On this cluster, I have a Spark Master and two Workers running. I have set up the Ingress addon in the following way (My spark components use the default ports) :

apiVersion: extensions/v1beta1
kind: Ingress
metadata:
  name: minikube-ingress
  annotations:
spec:
  rules:
  - host: spark-kubernetes
    http:
      paths:
      - path: /web-ui
        backend:
          serviceName: spark-master
          servicePort: 8080
      - path: /
        backend:
          serviceName: spark-master
          servicePort: 7077

And I added my k8s IP in my /etc/hosts

[MINIKUBE_IP] spark-kubernetes

I am able to connect to the Master webui through http://spark-kubernetes/web-ui : enter image description here

I now want to submit a JAR stored on my local machine (the spark-examples for example).

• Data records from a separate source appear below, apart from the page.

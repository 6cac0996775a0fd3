-- ===== src/Intents/Single.antt =====
-- A source has at most one active intent in the readiness queue for an action.
use cora_os.Prelude.{
  ℕ, ◌≤◌, ◌+◌, ◌≡◌, refl, inl, inr, subst, sym, Bool, true, false, some, List, [], ◌∷◌, ◌++◌, arith,
  any, Bool-cases, if◌then◌else◌, ◌==◌,
}
use cora_os.Prelude.Table.{find, update, IsKeyed, update_absent}
use cora_os.Prelude.Text.{Text, text_eq}
use cora_os.Intents.{IntentStatus, SourceType, Intent, IntentDb, intent_key, source_code}
use cora_os.Intents.Build.{is_active, is_duplicate}
use cora_os.Intents.Calls.{Call, run_call, run_calls}
use cora_os.Intents.Lifecycle.{phase_of, is_lawful}
use cora_os.Intents.Effect.{Adds, Alters, run_call_effect}
use cora_os.Intents.Moves.{IsMove}
use cora_os.Intents.Sound.{IsSound, run_call-IsSound}

count_step :
    (b c : Bool) (m n : ℕ)
    → (b ≡ true → c ≡ true)
    → m ≤ n
    → (if b then m + 1 else m) ≤ (if c then n + 1 else n)
count_step b c m n h le = ground arith

module _ (t : SourceType) (k : ℕ) (action : Text) where
  -- the active intents of the queue for that source and action
  abbrev pub count_duplicates : List Intent → ℕ
  count_duplicates [] = 0
  count_duplicates (i ∷ is) =
      if is_duplicate t k action i then count_duplicates is + 1 else count_duplicates is

  count_duplicates-append :
      (is : List Intent) (i : Intent)
      → count_duplicates (is ++ i ∷ []) ≡ count_duplicates is + count_duplicates (i ∷ [])
  count_duplicates-append [] i = omega arith
  count_duplicates-append (j ∷ is) i = ground (arith, count_duplicates-append is i)

  count_of_no_duplicate :
      (is : List Intent) → any (is_duplicate t k action) is ≡ false → count_duplicates is ≡ 0
  count_of_no_duplicate [] h = refl
  count_of_no_duplicate (i ∷ is) h = ground (arith, count_of_no_duplicate is)

  count_duplicates-update :
      (n : ℕ) (f : Intent → Intent) (is : List Intent)
      → IsKeyed intent_key is
      → ((i : Intent)
          → find intent_key n is ≡ some i
          → is_duplicate t k action (f i) ≡ true
          → is_duplicate t k action i ≡ true)
      → count_duplicates (update intent_key n f is) ≤ count_duplicates is
  count_duplicates-update n f [] u back = omega arith
  count_duplicates-update n f (i ∷ is) u back = elim (Bool-cases (intent_key i == n)) [
    | inl hit ↦
        let gone : update intent_key n f is ≡ is =
          ground (arith, update_absent intent_key n f is) in
        rw (hit, gone)
          (count_step (is_duplicate t k action (f i)) (is_duplicate t k action i)
            (count_duplicates is) (count_duplicates is) (back i (rw hit refl)) (omega arith))
    | inr miss ↦
        let rest = count_duplicates-update n f is u.1 (λ j e. back j (rw miss e)) in
        rw miss (
          count_step (is_duplicate t k action i) (is_duplicate t k action i)
            (count_duplicates (update intent_key n f is)) (count_duplicates is) (λ h. h) rest)
  ]

active_before :
    (s s' : IntentStatus)
    → is_lawful (phase_of s) (phase_of s') ≡ true
    → is_active s' ≡ true
    → is_active s ≡ true
active_before s s' h a = ground arith

text_eq→eq : (t u : Text) → text_eq t u ≡ true → t ≡ u
text_eq→eq [] [] h = refl
text_eq→eq [] (d ∷ u) h = cc
text_eq→eq (c ∷ t) [] h = cc
text_eq→eq (c ∷ t) (d ∷ u) h = ground (arith, text_eq→eq t u)

-- what is a duplicate after a change was one before
duplicate_before :
    (t : SourceType) (k : ℕ) (action : Text) (i j : Intent)
    → IsMove i j
    → is_duplicate t k action j ≡ true
    → is_duplicate t k action i ≡ true
duplicate_before t k action i j m h = ground (arith, active_before i.status j.status)

pub record IsSingle (db : IntentDb) : Type 0 where
  pub at : (t : SourceType) (k : ℕ) (action : Text) → count_duplicates t k action db.intents ≤ 1

Alters-IsSingle : {db db' : IntentDb} → Alters db db' → IsSound db → IsSingle db → IsSingle db'
Alters-IsSingle {db} {db'} a s h = record {
  at = λ t k action. rw (a.intents) (
      omega (
        arith,
        h.at t k action,
        count_duplicates-update t k action a.k a.f db.intents s.keyed (λ i f d.
            (let e : a.row ≡ i = ground (arith, a.there) in
              subst (λ x. is_duplicate t k action (a.f x) ≡ true → is_duplicate t k action x ≡ true)
                e (duplicate_before t k action a.row (a.f a.row) a.move) d)),
      ));
}

source_code_eq : (t u : SourceType) → (source_code u == source_code t) ≡ true → t ≡ u
source_code_eq t u h = ground arith

-- two sources and actions with a common duplicate are the same
duplicate_same :
    (t : SourceType) (k : ℕ) (action : Text) (i : Intent)
    → is_duplicate t k action i ≡ true
    → (i.queued ≡ true) × (t ≡ i.source_type) × (k ≡ i.source_id) × (action ≡ i.action_type)
duplicate_same t k action i h = (
  ground arith,
  source_code_eq t i.source_type (ground arith),
  ground arith,
  sym (text_eq→eq i.action_type action (ground arith)),
)

Adds-IsSingle : {db db' : IntentDb} → Adds db db' → IsSingle db → IsSingle db'
Adds-IsSingle {db} {db'} a h = record {
  at = λ t k action.
      rw (a.intents, count_duplicates-append t k action db.intents a.row)
        (elim (Bool-cases (is_duplicate t k action a.row)) [
          | inr other ↦ rw other (omega (arith, h.at t k action))
          | inl same ↦
              let d = duplicate_same t k action a.row same in
              let none_yet : count_duplicates t k action db.intents ≡ 0 =
                rw (d.1, d.2, d.3)
                  (count_of_no_duplicate a.row.source_type a.row.source_id a.row.action_type
                    db.intents (a.single d.0)) in
              rw (same, none_yet) (omega arith)
        ]);
}

run_call-IsSingle :
    (c : Call) (db : IntentDb) → IsSound db → IsSingle db → IsSingle (run_call c db).1
run_call-IsSingle c db s h = elim (run_call_effect c db) [
  | inl same ↦ rw same h
  | inr (inl added) ↦ Adds-IsSingle added h
  | inr (inr altered) ↦ Alters-IsSingle altered s h
]

-- From a sound table in which no source has two active intents of the readiness queue for one
-- action, no sequence of calls leads to one in which a source has.
pub run_calls-IsSingle :
    (cs : List Call) (db : IntentDb) → IsSound db → IsSingle db → IsSingle (run_calls cs db)
unfolding run_calls
run_calls-IsSingle [] db s h = h
run_calls-IsSingle (c ∷ cs) db s h =
    run_calls-IsSingle cs (run_call c db).1 (run_call-IsSound c db s) (run_call-IsSingle c db s h)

I expected this command to work :

./bin/spark-submit \
    --master spark://spark-kubernetes \
    --deploy-mode cluster \
    --class org.apache.spark.examples.SparkPi \
     ./examples/jars/spark-examples_2.11-2.4.0.jar

But I get the following error :

2019-04-04 08:52:36 WARN  SparkSubmit$$anon$2:87 - Failed to load .
java.lang.ClassNotFoundException: 
    at java.lang.Class.forName0(Native Method)
    at java.lang.Class.forName(Class.java:348)
    at org.apache.spark.util.Utils$.classForName(Utils.scala:238)
    at org.apache.spark.deploy.SparkSubmit.org$apache$spark$deploy$SparkSubmit$$runMain(SparkSubmit.scala:810)
    at org.apache.spark.deploy.SparkSubmit.doRunMain$1(SparkSubmit.scala:167)
    at org.apache.spark.deploy.SparkSubmit.submit(SparkSubmit.scala:195)
    at org.apache.spark.deploy.SparkSubmit.doSubmit(SparkSubmit.scala:86)
    at org.apache.spark.deploy.SparkSubmit$$anon$2.doSubmit(SparkSubmit.scala:924)
    at org.apache.spark.deploy.SparkSubmit$.main(SparkSubmit.scala:933)
    at org.apache.spark.deploy.SparkSubmit.main(SparkSubmit.scala)

What have I done wrong?

Note :

  • I know that with Spark 2.4 I can have a cluster without a Master and submit directly to the k8s, but I want to do it with a master for now
  • I use Spark 2.4
  • I use Kubernetes 1.14
Rico
  • 58,485
  • 12
  • 111
  • 141
Nakeuh
  • 1,757
  • 3
  • 26
  • 65
  • https://stackoverflow.com/questions/17408769/how-do-i-resolve-classnotfoundexception – Ijaz Ahmad Apr 04 '19 at 22:32
  • I started a local spark cluster without k8s, and executed the same Spark Submit with the master option set to `--master spark://127.0.1.1:7077 \` . In this case everything works fine, so it does not look like a classpath problem. (Or I am missing something ?) – Nakeuh Apr 05 '19 at 06:58
  • hmm , the psark environmenet/insallation/docker image is the same? – Ijaz Ahmad Apr 05 '19 at 08:35

1 Answers1

3

To make it work, use either client mode that distributes the jars (--deploy-mode client) or specify the path to the jar file in the container image. So instead of using

./examples/jars/spark-examples_2.11-2.4.0.jar, use something like: /opt/spark/examples/jars/spark-examples_2.11-2.4.0.jar (depending on the image you use)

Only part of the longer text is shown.